> Task instructions
Every line below between the one holding "-- named tensors." and the one holding "abbrev pub only_one", inclusive, should be copied exactly, and no other line.

> Data extract
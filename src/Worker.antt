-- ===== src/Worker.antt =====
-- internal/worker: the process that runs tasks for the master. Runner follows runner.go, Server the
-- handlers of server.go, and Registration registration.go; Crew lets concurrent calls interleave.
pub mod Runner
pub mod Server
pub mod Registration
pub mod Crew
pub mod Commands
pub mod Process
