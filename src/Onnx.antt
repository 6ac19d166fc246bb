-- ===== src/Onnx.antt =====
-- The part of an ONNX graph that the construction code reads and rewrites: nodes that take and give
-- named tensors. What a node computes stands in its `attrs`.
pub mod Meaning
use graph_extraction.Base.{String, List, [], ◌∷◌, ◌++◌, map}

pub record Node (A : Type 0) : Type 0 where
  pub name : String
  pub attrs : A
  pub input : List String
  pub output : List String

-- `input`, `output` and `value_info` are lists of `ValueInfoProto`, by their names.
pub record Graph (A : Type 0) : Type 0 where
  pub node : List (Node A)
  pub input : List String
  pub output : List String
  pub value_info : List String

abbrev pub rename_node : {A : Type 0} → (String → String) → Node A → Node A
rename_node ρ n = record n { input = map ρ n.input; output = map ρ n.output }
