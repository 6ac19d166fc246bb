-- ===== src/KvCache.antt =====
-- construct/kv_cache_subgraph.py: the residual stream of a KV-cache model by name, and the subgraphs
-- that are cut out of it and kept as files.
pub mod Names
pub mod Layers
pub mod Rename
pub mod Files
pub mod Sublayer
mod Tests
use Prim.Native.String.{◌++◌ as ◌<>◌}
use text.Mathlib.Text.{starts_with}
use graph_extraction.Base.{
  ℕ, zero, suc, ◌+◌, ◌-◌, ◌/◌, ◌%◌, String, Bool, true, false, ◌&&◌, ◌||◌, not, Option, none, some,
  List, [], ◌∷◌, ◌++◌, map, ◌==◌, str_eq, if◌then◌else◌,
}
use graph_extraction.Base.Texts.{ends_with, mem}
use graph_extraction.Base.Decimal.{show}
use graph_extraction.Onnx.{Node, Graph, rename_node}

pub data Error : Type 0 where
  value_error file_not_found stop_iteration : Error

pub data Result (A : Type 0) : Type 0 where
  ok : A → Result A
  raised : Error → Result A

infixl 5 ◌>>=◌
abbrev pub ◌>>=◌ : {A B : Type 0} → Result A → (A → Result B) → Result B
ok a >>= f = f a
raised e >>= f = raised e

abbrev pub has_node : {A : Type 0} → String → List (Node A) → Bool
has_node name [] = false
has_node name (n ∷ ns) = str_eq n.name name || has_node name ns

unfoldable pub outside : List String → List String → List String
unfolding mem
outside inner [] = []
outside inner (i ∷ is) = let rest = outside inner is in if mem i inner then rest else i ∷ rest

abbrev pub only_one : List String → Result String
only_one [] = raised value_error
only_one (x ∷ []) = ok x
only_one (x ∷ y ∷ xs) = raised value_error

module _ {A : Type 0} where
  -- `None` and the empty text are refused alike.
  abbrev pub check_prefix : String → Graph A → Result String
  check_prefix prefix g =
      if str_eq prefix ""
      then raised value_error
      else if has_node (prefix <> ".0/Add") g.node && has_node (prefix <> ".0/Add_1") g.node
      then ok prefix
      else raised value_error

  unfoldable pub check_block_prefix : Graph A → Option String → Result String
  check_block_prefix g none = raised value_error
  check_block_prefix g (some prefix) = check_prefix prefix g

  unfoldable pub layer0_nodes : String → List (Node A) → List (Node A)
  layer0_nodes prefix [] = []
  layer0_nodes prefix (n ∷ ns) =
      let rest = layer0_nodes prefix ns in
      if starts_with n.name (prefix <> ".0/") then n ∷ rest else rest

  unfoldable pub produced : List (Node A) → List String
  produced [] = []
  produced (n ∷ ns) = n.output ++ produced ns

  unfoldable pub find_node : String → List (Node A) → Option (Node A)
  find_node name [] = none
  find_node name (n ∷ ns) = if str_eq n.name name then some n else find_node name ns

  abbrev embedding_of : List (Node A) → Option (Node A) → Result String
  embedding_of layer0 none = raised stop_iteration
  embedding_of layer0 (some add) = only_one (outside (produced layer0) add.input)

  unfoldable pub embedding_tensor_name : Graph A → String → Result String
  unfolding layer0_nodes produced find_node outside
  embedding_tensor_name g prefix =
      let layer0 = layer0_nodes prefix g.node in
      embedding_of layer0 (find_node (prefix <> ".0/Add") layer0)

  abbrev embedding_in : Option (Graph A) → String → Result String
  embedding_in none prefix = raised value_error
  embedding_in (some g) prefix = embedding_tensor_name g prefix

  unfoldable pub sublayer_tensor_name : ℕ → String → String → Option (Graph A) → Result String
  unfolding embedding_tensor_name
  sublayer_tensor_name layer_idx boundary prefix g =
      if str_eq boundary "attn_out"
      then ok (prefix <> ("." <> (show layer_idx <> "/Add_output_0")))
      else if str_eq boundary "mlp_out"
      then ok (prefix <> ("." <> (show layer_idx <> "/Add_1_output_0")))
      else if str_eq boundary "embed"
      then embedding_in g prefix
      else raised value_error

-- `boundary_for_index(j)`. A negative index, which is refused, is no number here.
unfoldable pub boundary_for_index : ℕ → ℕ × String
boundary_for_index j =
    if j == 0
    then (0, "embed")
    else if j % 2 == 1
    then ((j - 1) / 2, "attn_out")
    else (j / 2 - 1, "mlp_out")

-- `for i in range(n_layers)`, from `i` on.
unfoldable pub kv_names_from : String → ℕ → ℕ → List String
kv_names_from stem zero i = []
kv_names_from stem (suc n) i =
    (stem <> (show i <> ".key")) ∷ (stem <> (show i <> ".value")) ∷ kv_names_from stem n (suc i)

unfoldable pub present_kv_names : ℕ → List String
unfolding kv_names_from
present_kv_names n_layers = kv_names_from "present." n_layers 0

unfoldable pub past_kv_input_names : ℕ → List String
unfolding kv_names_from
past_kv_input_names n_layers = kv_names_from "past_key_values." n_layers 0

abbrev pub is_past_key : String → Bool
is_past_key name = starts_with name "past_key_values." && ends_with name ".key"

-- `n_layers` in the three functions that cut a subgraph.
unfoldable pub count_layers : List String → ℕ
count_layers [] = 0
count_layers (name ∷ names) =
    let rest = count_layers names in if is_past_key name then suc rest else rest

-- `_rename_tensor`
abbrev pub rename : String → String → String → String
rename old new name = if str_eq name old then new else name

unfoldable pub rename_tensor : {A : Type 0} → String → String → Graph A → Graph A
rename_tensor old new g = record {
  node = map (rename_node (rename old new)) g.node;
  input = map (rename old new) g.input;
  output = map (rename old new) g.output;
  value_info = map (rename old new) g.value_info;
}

> Output of the task
-- named tensors. What a node computes stands in its `attrs`.
pub mod Meaning
use graph_extraction.Base.{String, List, [], ◌∷◌, ◌++◌, map}

pub record Node (A : Type 0) : Type 0 where
  pub name : String
  pub attrs : A
  pub input : List String
  pub output : List String

-- `input`, `output` and `value_info` are lists of `ValueInfoProto`, by their names.
pub record Graph (A : Type 0) : Type 0 where
  pub node : List (Node A)
  pub input : List String
  pub output : List String
  pub value_info : List String

abbrev pub rename_node : {A : Type 0} → (String → String) → Node A → Node A
rename_node ρ n = record n { input = map ρ n.input; output = map ρ n.output }
repository 6ac19d166fc246bb
-- ===== src/KvCache.antt =====
-- construct/kv_cache_subgraph.py: the residual stream of a KV-cache model by name, and the subgraphs
-- that are cut out of it and kept as files.
pub mod Names
pub mod Layers
pub mod Rename
pub mod Files
pub mod Sublayer
mod Tests
use Prim.Native.String.{◌++◌ as ◌<>◌}
use text.Mathlib.Text.{starts_with}
use graph_extraction.Base.{
  ℕ, zero, suc, ◌+◌, ◌-◌, ◌/◌, ◌%◌, String, Bool, true, false, ◌&&◌, ◌||◌, not, Option, none, some,
  List, [], ◌∷◌, ◌++◌, map, ◌==◌, str_eq, if◌then◌else◌,
}
use graph_extraction.Base.Texts.{ends_with, mem}
use graph_extraction.Base.Decimal.{show}
use graph_extraction.Onnx.{Node, Graph, rename_node}

pub data Error : Type 0 where
  value_error file_not_found stop_iteration : Error

pub data Result (A : Type 0) : Type 0 where
  ok : A → Result A
  raised : Error → Result A

infixl 5 ◌>>=◌
abbrev pub ◌>>=◌ : {A B : Type 0} → Result A → (A → Result B) → Result B
ok a >>= f = f a
raised e >>= f = raised e

abbrev pub has_node : {A : Type 0} → String → List (Node A) → Bool
has_node name [] = false
has_node name (n ∷ ns) = str_eq n.name name || has_node name ns

unfoldable pub outside : List String → List String → List String
unfolding mem
outside inner [] = []
outside inner (i ∷ is) = let rest = outside inner is in if mem i inner then rest else i ∷ rest

abbrev pub only_one : List String → Result String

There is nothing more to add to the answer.